## Task directions
Write out every line exactly, from the first line of the records below through the line that contains "get_of k (some f) = get k f".

Dataset entries
- - -

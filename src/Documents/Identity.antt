-- ===== src/Documents/Identity.antt =====
-- What one round of `ingest` puts in the map: `extract` and `upsert`.
use papercrate.Base.{
  ℕ, ◌≡◌, refl, Bool, Bool-cases, String, true, false, List, [], ◌∷◌, Option, none, some, ◌⊎◌,
  if◌then◌else◌, arith, inl, inr, ◌==◌, eq_refl, eq_iff, is_some,
}
use papercrate.Dict.{Dict, lookup}
use papercrate.Dict.Laws.{lookup-insert}
use papercrate.Js.{
  Value, Items, Fields, array, end, nil, cons, get, has_own, spread, object_is, shallow_equal,
  undefined, starts_with_object, elements, is_array, from_texts, assign,
}
use papercrate.Js.Laws.{
  IsObject, get-spread, object_is_refl, shallow_equal-spread, get-assign, has_own-assign,
  assign-IsObject, spread-IsObject,
}
use papercrate.Catalog.{Catalog}
use papercrate.Documents.{extract, upsert, merge, place, valid_ids}

-- `existing?.[key]`
abbrev pub get_of : String → Option Fields → Value
get_of k none = undefined
get_of k (some f) = get k f

-- What stands for a document after it was taken in over an existing one: each property that it has
-- is the existing or the new value, which `Object.is` does not tell apart; the others are the
-- existing one's.
pub record Merged (existing : Option Fields) (doc kept : Fields) : Type 0 where
  pub given : (k : String) → has_own k doc ≡ true → object_is (get k kept) (get k doc) ≡ true
  pub others : (k : String) → has_own k doc ≡ false → get k kept ≡ get_of k existing

merge-Merged :
    (existing : Option Fields) (doc : Fields)
    → IsObject doc
    → Merged existing doc (merge existing doc)
unfolding merge
merge-Merged none doc h = record {
  given = λ k o. rw (get-spread k end doc h, o) (object_is_refl (get k doc));
  others = λ k o. rw (get-spread k end doc h, o) (unfold get in refl);
}
merge-Merged (some old) doc h = record {
  given = λ k o. rw (get-spread k old doc h, o) (object_is_refl (get k doc));
  others = λ k o. rw (get-spread k old doc h, o) refl;
}

place-Merged :
    (id : String) (existing : Option Fields) (doc : Fields) (acc : Dict Fields × Bool)
    → IsObject doc
    → Merged existing doc (place id existing (merge existing doc) acc).2
unfolding place
place-Merged id none doc acc h = merge-Merged none doc h
place-Merged id (some old) doc acc h =
    elim (Bool-cases (shallow_equal old (merge (some old) doc))) [
      | inl same ↦ rw same (record {
        given = λ k o. shallow_equal-spread k old doc (unfold merge in same) o h;
        others = λ k o. refl;
      })
      | inr other ↦ rw other (merge-Merged (some old) doc h)
    ]

pub upsert-Merged :
    (id : String) (doc : Fields) (acc : Dict Fields × Bool)
    → IsObject doc
    → Merged (lookup id acc.0) doc (upsert id doc acc).2
unfolding upsert
upsert-Merged id doc acc h = place-Merged id (lookup id acc.0) doc acc h

place-lookup :
    (id k : String) (existing : Option Fields) (merged : Fields) (acc : Dict Fields × Bool)
    → lookup id acc.0 ≡ existing
    → lookup k (place id existing merged acc).0
      ≡ (if id == k then some (place id existing merged acc).2 else lookup k acc.0)
unfolding place
place-lookup id k none merged acc e = lookup-insert id k merged acc.0
place-lookup id k (some old) merged acc e =
    ground (arith, lookup-insert id k merged acc.0, eq_iff id k)

pub upsert-lookup :
    (id k : String) (doc : Fields) (acc : Dict Fields × Bool)
    → lookup k (upsert id doc acc).0
      ≡ (if id == k then some (upsert id doc acc).2 else lookup k acc.0)
unfolding upsert
upsert-lookup id k doc acc = place-lookup id k (lookup id acc.0) _ acc refl

pub upsert_unchanged :
    (id : String) (doc : Fields) (acc : Dict Fields × Bool)
    → (upsert id doc acc).1 ≡ false
    → (acc.1 ≡ false) × ((upsert id doc acc).0 ≡ acc.0)
unfolding upsert
upsert_unchanged id doc acc h = ground arith

-- The array of an extracted property begins with no object.
from_texts_plain : (ids : List String) → starts_with_object (from_texts ids) ≡ false
unfolding from_texts starts_with_object
from_texts_plain [] = refl
from_texts_plain (id ∷ ids) = refl

abbrev pub IsPlain : String → Fields → Type 0
IsPlain key doc = starts_with_object (elements (get key doc)) ≡ false

not_array_plain : (v : Value) → is_array v ≡ false → starts_with_object (elements v) ≡ false
unfolding is_array elements starts_with_object
not_array_plain v h = ground arith

module _ (key : String) (catalog : Catalog) (doc : Fields) (ref : ℕ) where
  pub extract-IsPlain : IsPlain key (extract key (some catalog) doc ref).doc
  unfolding extract elements from_texts
  extract-IsPlain = elim (Bool-cases (is_array (get key doc))) [
    | inl isarray ↦ elim (Bool-cases (starts_with_object (elements (get key doc)))) [
      | inl objects ↦
          rw (isarray, objects, get-assign, eq_refl)
            (from_texts_plain (valid_ids (elements (get key doc))))
      | inr plain ↦ rw (isarray, plain) plain
    ]
    | inr other ↦ rw other (not_array_plain (get key doc) other)
  ]

pub array_has_own : (k : String) (f : Fields) → is_array (get k f) ≡ true → has_own k f ≡ true
unfolding is_array get has_own
array_has_own k end h = cc
array_has_own k (papercrate.Js.field j v f) h = ground (arith, array_has_own k f)

module _ (key : String) (catalog : Option Catalog) (doc : Fields) (ref : ℕ) where
  -- The other properties are left alone.
  pub extract-get :
      (k : String) → (key == k) ≡ false → get k (extract key catalog doc ref).doc ≡ get k doc
  unfolding extract
  extract-get k h =
      ground
        (arith, get-assign key k (array ref (from_texts (valid_ids (elements (get key doc))))) doc)

  pub extract-has_own : (k : String) → has_own k (extract key catalog doc ref).doc ≡ has_own k doc
  unfolding extract
  extract-has_own k = ground (
    arith,
    eq_iff key k,
    has_own-assign key k (array ref (from_texts (valid_ids (elements (get key doc))))) doc,
    array_has_own key doc,
  )

  pub extract-IsObject : IsObject doc → IsObject (extract key catalog doc ref).doc
  unfolding extract
  extract-IsObject h = ground (
    arith,
    assign-IsObject key (array ref (from_texts (valid_ids (elements (get key doc))))) doc h,
  )

place_kept :
    (id : String) (existing : Option Fields) (merged : Fields) (acc : Dict Fields × Bool)
    → (existing ≡ some (place id existing merged acc).2)
      ⊎ ((place id existing merged acc).2 ≡ merged)
unfolding place
place_kept id none merged acc = inr refl
place_kept id (some old) merged acc = elim (Bool-cases (shallow_equal old merged)) [
  | inl same ↦ rw same (inl refl)
  | inr other ↦ rw other (inr refl)
]

-- The map now holds the existing document or the merged one.
pub upsert_kept :
    (id : String) (doc : Fields) (acc : Dict Fields × Bool)
    → (lookup id acc.0 ≡ some (upsert id doc acc).2)
      ⊎ ((upsert id doc acc).2 ≡ merge (lookup id acc.0) doc)
unfolding upsert
upsert_kept id doc acc = place_kept id (lookup id acc.0) (merge (lookup id acc.0) doc) acc

pub merge-get :
    (k : String) (existing : Option Fields) (doc : Fields)
    → IsObject doc
    → get k (merge existing doc) ≡ (if has_own k doc then get k doc else get_of k existing)
unfolding merge
merge-get k none doc h = unfold get in get-spread k end doc h
merge-get k (some old) doc h = get-spread k old doc h

pub extract-catalog :
    (key : String) (catalog : Option Catalog) (doc : Fields) (ref : ℕ)
    → is_some (extract key catalog doc ref).catalog ≡ is_some catalog
unfolding extract
extract-catalog key none doc ref = refl
extract-catalog key (some c) doc ref = ground arith

pub merge-IsObject :
    (existing : Option Fields) (doc : Fields)
    → ((old : Fields) → existing ≡ some old → IsObject old)
    → IsObject (merge existing doc)
unfolding merge
merge-IsObject none doc h = spread-IsObject end doc tt
merge-IsObject (some old) doc h = spread-IsObject old doc (h old refl)
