-- ===== src/Documents/Ingest.antt =====
-- The invariant of the map of documents, and that `ingest` keeps it.
use papercrate.Base.{
  ◌≡◌, refl, sym, ◌∙◌, Bool, Bool-cases, String, true, false, List, [], ◌∷◌, Option, none, some,
  arith, inl, inr, ◌⊎◌, Option-cases, ◌==◌, eq_iff, is_some, All,
}
use papercrate.Dict.{Dict, lookup}
use papercrate.Js.{Value, Fields, text, get, has_own, identifier, elements, starts_with_object}
use papercrate.Js.Laws.{IsObject, has_own_of_get}
use mathlib.Core.Path.{subst}
use papercrate.Emitter
use papercrate.Documents.{
  DocumentsManager, Progress, extract, upsert, merge, ingest_one, ingest_all, ingest, present,
  start,
}
use papercrate.Documents.Identity.{
  get_of, IsPlain, upsert-lookup, upsert_unchanged, upsert_kept, merge-get, extract-IsPlain,
  extract-get, extract-has_own, extract-IsObject, extract-catalog, merge-IsObject,
}

-- A document as the map holds it: under its own identifier, an object, and neither its tags nor its
-- correspondents begin with an object. The code looks at the first element only.
pub record IsStored (id : String) (doc : Fields) : Type 0 where
  pub keyed : identifier (get "id" doc) ≡ some id
  pub is_object : IsObject doc
  pub tags : IsPlain "tags" doc
  pub correspondents : IsPlain "correspondents" doc

abbrev pub AllStored : Dict Fields → Type 0
AllStored m = (id : String) (doc : Fields) → lookup id m ≡ some doc → IsStored id doc

-- The managers of tags and correspondents have been set, and every document is well stored.
pub record IsWired (m : DocumentsManager) : Type 0 where
  pub stored : AllStored m.by_id
  pub tags : is_some m.tag_manager ≡ true
  pub correspondents : is_some m.correspondent_manager ≡ true

record InLoop (p : Progress) : Type 0 where
  stored : AllStored p.next
  tags : is_some p.tags ≡ true
  correspondents : is_some p.correspondents ≡ true

-- the document that a round of the loop takes in, after the extraction
abbrev pub taken : Progress → Fields → Fields
taken p doc =
    let t = extract "tags" p.tags doc p.next_ref in
    (extract "correspondents" p.correspondents t.doc t.next_ref).doc

module _ (p : Progress) (doc : Fields) where
  pub taken-get :
      (k : String)
      → ("tags" == k) ≡ false
      → ("correspondents" == k) ≡ false
      → get k (taken p doc) ≡ get k doc
  taken-get k t c =
      extract-get "correspondents" _ _ _ k c ∙ extract-get "tags" p.tags doc p.next_ref k t

  pub taken-has_own : (k : String) → has_own k (taken p doc) ≡ has_own k doc
  taken-has_own k =
      extract-has_own "correspondents" _ _ _ k ∙ extract-has_own "tags" p.tags doc p.next_ref k

  pub taken-IsObject : IsObject doc → IsObject (taken p doc)
  taken-IsObject h =
      extract-IsObject "correspondents" _ _ _ (extract-IsObject "tags" p.tags doc p.next_ref h)

some_of {ℓ} : {A : Type ℓ} (o : Option A) → is_some o ≡ true → (a : A) × (o ≡ some a)
some_of none h = cc
some_of (some a) h = (a, refl)

taken-IsPlain :
    (p : Progress) (doc : Fields)
    → InLoop p
    → IsPlain "tags" (taken p doc) × IsPlain "correspondents" (taken p doc)
taken-IsPlain p doc v =
    let (t, et) = some_of p.tags v.tags in
    let (c, ec) = some_of p.correspondents v.correspondents in
    let plain : IsPlain "tags" (extract "tags" p.tags doc p.next_ref).doc =
      rw et (extract-IsPlain "tags" t doc p.next_ref) in
    (
      rw
          (extract-get "correspondents" p.correspondents (extract "tags" p.tags doc p.next_ref).doc
            (extract "tags" p.tags doc p.next_ref).next_ref "tags" refl)
          plain,
      rw ec (extract-IsPlain "correspondents" c _ _),
    )

keyed_of_text : (v : Value) (id : String) → identifier v ≡ some id → v ≡ text id
unfolding identifier
keyed_of_text v id h = ground arith

abbrev ExistingStored : String → Option Fields → Type 0
ExistingStored id existing = (old : Fields) → existing ≡ some old → IsStored id old

get_of-IsPlain :
    (key : String) (existing : Option Fields)
    → ((old : Fields) → existing ≡ some old → IsPlain key old)
    → starts_with_object (elements (get_of key existing)) ≡ false
unfolding elements starts_with_object
get_of-IsPlain key none old = refl
get_of-IsPlain key (some o) old = old o refl

-- The merged document is well stored.
module _ (id : String) (doc : Fields) (is_object : IsObject doc)
    (keyed : get "id" doc ≡ text id) where
  merge-get-id :
      (existing : Option Fields)
      → ExistingStored id existing
      → identifier (get "id" (merge existing doc)) ≡ some id
  merge-get-id existing old =
      rw (merge-get "id" existing doc is_object, has_own_of_get "id" id doc keyed)
        (unfold identifier in rw keyed)

  merge-IsPlain :
      (key : String) (existing : Option Fields)
      → IsPlain key doc
      → ((old : Fields) → existing ≡ some old → IsPlain key old)
      → IsPlain key (merge existing doc)
  merge-IsPlain key existing plain old = elim (Bool-cases (has_own key doc)) [
    | inl own ↦ rw (merge-get key existing doc is_object, own) plain
    | inr not_own ↦
        rw (merge-get key existing doc is_object, not_own) (get_of-IsPlain key existing old)
  ]

  merge-IsStored :
      (existing : Option Fields)
      → IsPlain "tags" doc
      → IsPlain "correspondents" doc
      → ExistingStored id existing
      → IsStored id (merge existing doc)
  merge-IsStored existing t c old = record {
    keyed = merge-get-id existing old;
    is_object = merge-IsObject existing doc (λ o e. (old o e).is_object);
    tags = merge-IsPlain "tags" existing t (λ o e. (old o e).tags);
    correspondents = merge-IsPlain "correspondents" existing c (λ o e. (old o e).correspondents);
  }

upsert-AllStored :
    (id : String) (doc : Fields) (acc : Dict Fields × Bool)
    → IsStored id doc
    → AllStored acc.0
    → AllStored (upsert id doc acc).0
upsert-AllStored id doc acc s all k found e = elim (Bool-cases (id == k)) [
  | inr other ↦ all k found (ground (arith, upsert-lookup id k doc acc))
  | inl same ↦
      let kept : (upsert id doc acc).2 ≡ found = ground (arith, upsert-lookup id k doc acc) in
      subst (λ f. IsStored k f) kept
        (subst (λ j. IsStored j (upsert id doc acc).2) ((eq_iff id k).0 same)
          (elim (upsert_kept id doc acc) [
            | inl old ↦ all id _ old
            | inr merged ↦ rw merged (
                merge-IsStored id doc s.is_object (keyed_of_text _ id s.keyed) (lookup id acc.0)
                  s.tags s.correspondents (λ o h. all id o h))
          ]))
]

module _ (p : Progress) (doc : Fields) where
  -- What a round does with a document that has an identifier.
  ingest_one-next :
      (id : String)
      → identifier (get "id" doc) ≡ some id
      → (ingest_one p doc).next ≡ (upsert id (taken p doc) (p.next, p.changed)).0
  unfolding ingest_one
  ingest_one-next id h = rw (h, ingest_one)

  taken-IsStored :
      (id : String)
      → identifier (get "id" doc) ≡ some id
      → IsObject doc
      → InLoop p
      → IsStored id (taken p doc)
  taken-IsStored id h o v =
      let (t, c) = taken-IsPlain p doc v in
      record {
        keyed = rw (taken-get p doc "id" refl refl) h;
        is_object = taken-IsObject p doc o;
        tags = t;
        correspondents = c;
      }

  ingest_one-InLoop : IsObject doc → InLoop p → InLoop (ingest_one p doc)
  unfolding ingest_one
  ingest_one-InLoop o v = elim (Option-cases (identifier (get "id" doc))) [
    | inl missing ↦
        rw (missing, ingest_one)
          (record { stored = v.stored; tags = v.tags; correspondents = v.correspondents })
    | inr (id, found) ↦
        rw (found, ingest_one)
          (record {
            stored =
                upsert-AllStored id (taken p doc) (p.next, p.changed) (taken-IsStored id found o v)
                  v.stored;
            tags = extract-catalog "tags" p.tags doc p.next_ref ∙ v.tags;
            correspondents =
                extract-catalog "correspondents" p.correspondents _ _ ∙ v.correspondents;
          })
  ]

ingest_all-InLoop :
    (p : Progress) (docs : List Fields) → All IsObject docs → InLoop p → InLoop (ingest_all p docs)
unfolding ingest_all
ingest_all-InLoop p [] o v = v
ingest_all-InLoop p (doc ∷ docs) (o, os) v =
    ingest_all-InLoop (ingest_one p doc) docs os (ingest_one-InLoop p doc o v)

ingest_one_unchanged :
    (p : Progress) (doc : Fields)
    → (ingest_one p doc).changed ≡ false
    → (p.changed ≡ false) × ((ingest_one p doc).next ≡ p.next)
unfolding ingest_one
ingest_one_unchanged p doc h = elim (Option-cases (identifier (get "id" doc))) [
  | inl missing ↦ rw (missing, ingest_one) ((rw (missing, ingest_one) at h), refl)
  | inr (id, found) ↦
      rw (found, ingest_one)
        (upsert_unchanged id (taken p doc) (p.next, p.changed) (rw (found, ingest_one) at h))
]

ingest_all_unchanged :
    (p : Progress) (docs : List Fields)
    → (ingest_all p docs).changed ≡ false
    → (p.changed ≡ false) × ((ingest_all p docs).next ≡ p.next)
unfolding ingest_all
ingest_all_unchanged p [] h = (h, refl)
ingest_all_unchanged p (doc ∷ docs) h =
    let (one, same) = ingest_all_unchanged (ingest_one p doc) docs h in
    let (before, same') = ingest_one_unchanged p doc one in (before, same ∙ same')

-- The map that `ingest` leaves is the one of its loop, written back or not.
pub ingest-by_id :
    (m : DocumentsManager) (raw : List (Option Fields))
    → (ingest m raw).0.by_id ≡ (ingest_all (start m) (present raw)).next
unfolding ingest
ingest-by_id m raw = elim (Bool-cases (ingest_all (start m) (present raw)).changed) [
  | inl h ↦ rw h
  | inr h ↦ rw h (sym (ingest_all_unchanged (start m) (present raw) h).1)
]

-- Once the managers of tags and correspondents are set, `ingest` of objects keeps them set, and every
-- stored document an object under its own identifier whose tags and whose correspondents do not begin
-- with an object, as embedded entities would. Nothing is said of their further elements.
pub ingest-IsWired :
    (m : DocumentsManager) (raw : List (Option Fields))
    → All IsObject (present raw)
    → IsWired m
    → IsWired (ingest m raw).0
ingest-IsWired m raw o w =
    let v : InLoop (start m) = record {
      stored = w.stored;
      tags = w.tags;
      correspondents = w.correspondents;
    } in
    let v' = ingest_all-InLoop (start m) (present raw) o v in
    record {
      stored = rw (ingest-by_id m raw) v'.stored;
      tags = unfold ingest in v'.tags;
      correspondents = unfold ingest in v'.correspondents;
    }

-- `ingest` reports a change exactly where it schedules a notification, and otherwise leaves the map.
pub ingest_reports :
    (m : DocumentsManager) (raw : List (Option Fields))
    → (((ingest m raw).2 ≡ true) × ((ingest m raw).0.emitter ≡ Emitter.emit m.emitter))
      ⊎ (((ingest m raw).2 ≡ false)
          × ((ingest m raw).0.by_id ≡ m.by_id)
          × ((ingest m raw).0.emitter ≡ m.emitter))
unfolding ingest
ingest_reports m raw = elim (Bool-cases (ingest_all (start m) (present raw)).changed) [
  | inl h ↦ rw h (inl (refl, refl))
  | inr h ↦ rw h (inr (refl, refl, refl))
]
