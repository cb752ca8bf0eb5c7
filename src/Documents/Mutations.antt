-- ===== src/Documents/Mutations.antt =====
-- The mutations of `DocumentsManager` (frontend/src/documents/DocumentsManager.ts, from
-- `updateFields` on): each waits for the API and then changes the stored documents. `trash`,
-- `restore`, `purge`, `reanalyze`, `moveToFolder` and the like only pass the call on.
use papercrate.Base.{
  ℕ, suc, String, List, [], ◌∷◌, Option, none, some, if◌then◌else◌, not, contains, filter, unique,
  ◌==◌, nat_eq, head?,
}
use papercrate.Api.{Reply, ok, failed}
use papercrate.Dict.{lookup}
use papercrate.Js.{
  Value, Items, Fields, array, end, get, assign, spread, identifier, elements, items_append,
  items_without, items_same, item_has, count_items, fields_of, truthy,
}
use papercrate.Documents.{DocumentsManager, ingest, update, map_docs}

-- `tagIds.filter((id) => !currentSet.has(id))`
unfoldable pub missing_from : Items → List String → List String
missing_from current ids = filter (λ id. not (item_has id current)) ids

-- `{ ...doc, [key]: next }` with the new array `next`
abbrev pub with_items : String → ℕ → Items → Fields → Fields
with_items key ref next doc = assign key (array ref next) (spread end doc)

-- The next array's identity is used up.
abbrev pub allocate : DocumentsManager → DocumentsManager
allocate m = record m { next_ref = suc m.next_ref }

-- the updater of `addTags`
unfoldable pub adding : String → List String → ℕ → Fields → Option Fields
unfolding missing_from
adding key ids ref doc =
    let current = elements (get key doc) in
    some (with_items key ref (items_append current (missing_from current ids)) doc)

unfoldable pub add_tags :
    String → List String → Reply (Unit {0}) → DocumentsManager → DocumentsManager × Reply (Unit {0})
unfolding update adding
add_tags id tag_ids (ok _) m =
    ((update id (adding "tags" tag_ids m.next_ref) (allocate m)).0, ok tt)
add_tags id tag_ids failed m = (m, failed)

-- the updater of `removeTag` and of `removeCorrespondent`
unfoldable pub removing : String → String → ℕ → Fields → Option Fields
removing key id ref doc =
    let current = elements (get key doc) in
    let next = items_without (id ∷ []) current in
    some
      (if nat_eq (count_items next) (count_items current) then doc else with_items key ref next doc)

unfoldable pub remove_tag :
    String → String → Reply (Unit {0}) → DocumentsManager → DocumentsManager × Reply (Unit {0})
unfolding update removing
remove_tag id tag_id (ok _) m =
    ((update id (removing "tags" tag_id m.next_ref) (allocate m)).0, ok tt)
remove_tag id tag_id failed m = (m, failed)

-- the updater of `addCorrespondent`
unfoldable pub adding_one : String → String → ℕ → Fields → Option Fields
adding_one key id ref doc =
    let current = elements (get key doc) in
    some
      (if item_has id current then doc else with_items key ref (items_append current (id ∷ [])) doc)

unfoldable pub add_correspondent :
    String → String → Reply (Unit {0}) → DocumentsManager → DocumentsManager × Reply (Unit {0})
unfolding update adding_one
add_correspondent id correspondent_id (ok _) m =
    ((update id (adding_one "correspondents" correspondent_id m.next_ref) (allocate m)).0, ok tt)
add_correspondent id correspondent_id failed m = (m, failed)

unfoldable pub remove_correspondent :
    String → String → Reply (Unit {0}) → DocumentsManager → DocumentsManager × Reply (Unit {0})
unfolding update removing
remove_correspondent id correspondent_id (ok _) m =
    ((update id (removing "correspondents" correspondent_id m.next_ref) (allocate m)).0, ok tt)
remove_correspondent id correspondent_id failed m = (m, failed)

pub data Action : Type 0 where
  add remove : Action

-- the array that a bulk action makes of the current one
unfoldable pub next_items : Action → List String → Items → Items
unfolding missing_from
next_items add ids current = items_append current (missing_from current ids)
next_items remove ids current = items_without ids current

-- the mapper of `bulkTag` and of `bulkCorrespondent`
unfoldable pub bulk_mapper :
    String → List String → List String → Action → ℕ → Fields → Option Fields
unfolding next_items
bulk_mapper key document_ids ids action ref doc = elim (identifier (get "id" doc)) [
  | none ↦ none
  | some id ↦
      let current = elements (get key doc) in
      let next = next_items action ids current in
      if contains id document_ids
      then if items_same next current then none else some (with_items key ref next doc)
      else none
]

unfoldable pub bulk_tag :
    List String
    → List String
    → Action
    → Reply (Unit {0})
    → DocumentsManager
    → DocumentsManager × Reply (Unit {0})
unfolding map_docs bulk_mapper
bulk_tag document_ids tag_ids action (ok _) m =
    ((map_docs (bulk_mapper "tags" document_ids tag_ids action) m).0, ok tt)
bulk_tag document_ids tag_ids action failed m = (m, failed)

-- the identifiers given, less the empty ones
unfoldable pub given : List (Option String) → List String
given [] = []
given (none ∷ ids) = given ids
given (some id ∷ ids) = if id == "" then given ids else id ∷ given ids

-- `new Set(assignments.map((a) => a.correspondent_id).filter(Boolean))`, in order; the argument has
-- none for a missing identifier
unfoldable pub assigned : List (Option String) → List String
unfolding given
assigned ids = unique [] (given ids)

unfoldable pub bulk_correspondent :
    List String
    → List (Option String)
    → Action
    → Reply (Unit {0})
    → DocumentsManager
    → DocumentsManager × Reply (Unit {0})
unfolding map_docs bulk_mapper assigned
bulk_correspondent document_ids assignments action (ok _) m = (
  (map_docs (bulk_mapper "correspondents" document_ids (assigned assignments) action) m).0,
  ok tt,
)
bulk_correspondent document_ids assignments action failed m = (m, failed)

-- `extractDocumentFromResponse`: none where the payload is falsy
unfoldable pub extract_document : Value → Option Fields
extract_document payload =
    if truthy payload
    then some (
        if truthy (get "document" (fields_of payload))
        then fields_of (get "document" (fields_of payload))
        else fields_of payload)
    else none

unfoldable pub update_fields :
    String → Fields → Reply Value → DocumentsManager → DocumentsManager × Reply (Option Fields)
unfolding extract_document ingest update
update_fields id fields (ok response) m = elim (extract_document response) [
  | some doc ↦ let r = ingest m (some doc ∷ []) in (r.0, ok (head? r.1))
  | none ↦
      let m' = (update id (λ d. some (spread (spread end d) fields)) m).0 in
      (m', ok (lookup id m'.by_id))
]
update_fields id fields failed m = (m, failed)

- - -

## Exercise response
filename src/Documents/Identity.antt
-- ===== src/Documents/Identity.antt =====
-- What one round of `ingest` puts in the map: `extract` and `upsert`.
use papercrate.Base.{
  ℕ, ◌≡◌, refl, Bool, Bool-cases, String, true, false, List, [], ◌∷◌, Option, none, some, ◌⊎◌,
  if◌then◌else◌, arith, inl, inr, ◌==◌, eq_refl, eq_iff, is_some,
}
use papercrate.Dict.{Dict, lookup}
use papercrate.Dict.Laws.{lookup-insert}
use papercrate.Js.{
  Value, Items, Fields, array, end, nil, cons, get, has_own, spread, object_is, shallow_equal,
  undefined, starts_with_object, elements, is_array, from_texts, assign,
}
use papercrate.Js.Laws.{
  IsObject, get-spread, object_is_refl, shallow_equal-spread, get-assign, has_own-assign,
  assign-IsObject, spread-IsObject,
}
use papercrate.Catalog.{Catalog}
use papercrate.Documents.{extract, upsert, merge, place, valid_ids}

-- `existing?.[key]`
abbrev pub get_of : String → Option Fields → Value
get_of k none = undefined
get_of k (some f) = get k f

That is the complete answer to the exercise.